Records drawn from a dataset

--- START ---

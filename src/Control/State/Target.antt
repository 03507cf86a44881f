-- ===== src/Control/State/Target.antt =====
-- engine/control/state.ts, changeState: the row that comes back has the state that was asked for.
use forge_ai.Prelude.{ℕ, ◌-◌, ◌≡◌, ap, ◌∙◌, Option, some, ok, find, conflict}
use forge_ai.Contracts.Review.{Subject}
use forge_ai.Jobs.{Job, JobState, Reason, ApprovalProof}
use forge_ai.Jobs.Outcomes.{transition_job-Advances}
use forge_ai.Control.Tables.{World, JobRow}
use forge_ai.Control.Tx.{Environment, one_or-split, ok_pair}
use forge_ai.Control.State.{
  stored_at, logical_fields, request_of, write_row, update_job, change_state,
}
use forge_ai.Control.State.Change.{change_at-Stored}

update_job-state :
    (env : Environment) (s : Option Subject) (c : Job) (now : ℕ) (j k : JobRow) (w v : World)
    → update_job env s c now j w ≡ ok (k, v)
    → k.state ≡ c.state
unfolding update_job write_row
update_job-state env s c now j k w v e =
    let (r, found, e1) =
      one_or-split conflict (λ x. find (stored_at j (c.state_version - 1)) x.jobs) _ w v k e in
    ap (λ (x : JobRow). x.state) (ok_pair e1).0

pub change_state-target :
    (env : Environment) (j k : JobRow) (target : JobState) (reason : Reason)
    (review : Option Subject) (proof : Option ApprovalProof) (at : ℕ) (w v : World)
    → change_state env j target reason review proof (some at) w ≡ ok (k, v)
    → k.state ≡ target
unfolding change_state request_of logical_fields
change_state-target env j k target reason review proof at w v e =
    let d = change_at-Stored env j target reason review proof at w v k e in
    let (x, y, jobs, up) = d.found in
    let (a, schema, later) =
      transition_job-Advances env.hashing (logical_fields j) _ _ d.changed d.accepted in
    ap (λ (r : JobRow). r.state) d.returned
    ∙ update_job-state env d.subject d.changed at d.logged d.row x y up
    ∙ a.state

--- END ---

* _What to do_
Your answer must be every line from the entries that contains the string "antt", copied as it stands.

* _Result of this task_
filename src/Control/State/Target.antt
-- ===== src/Control/State/Target.antt =====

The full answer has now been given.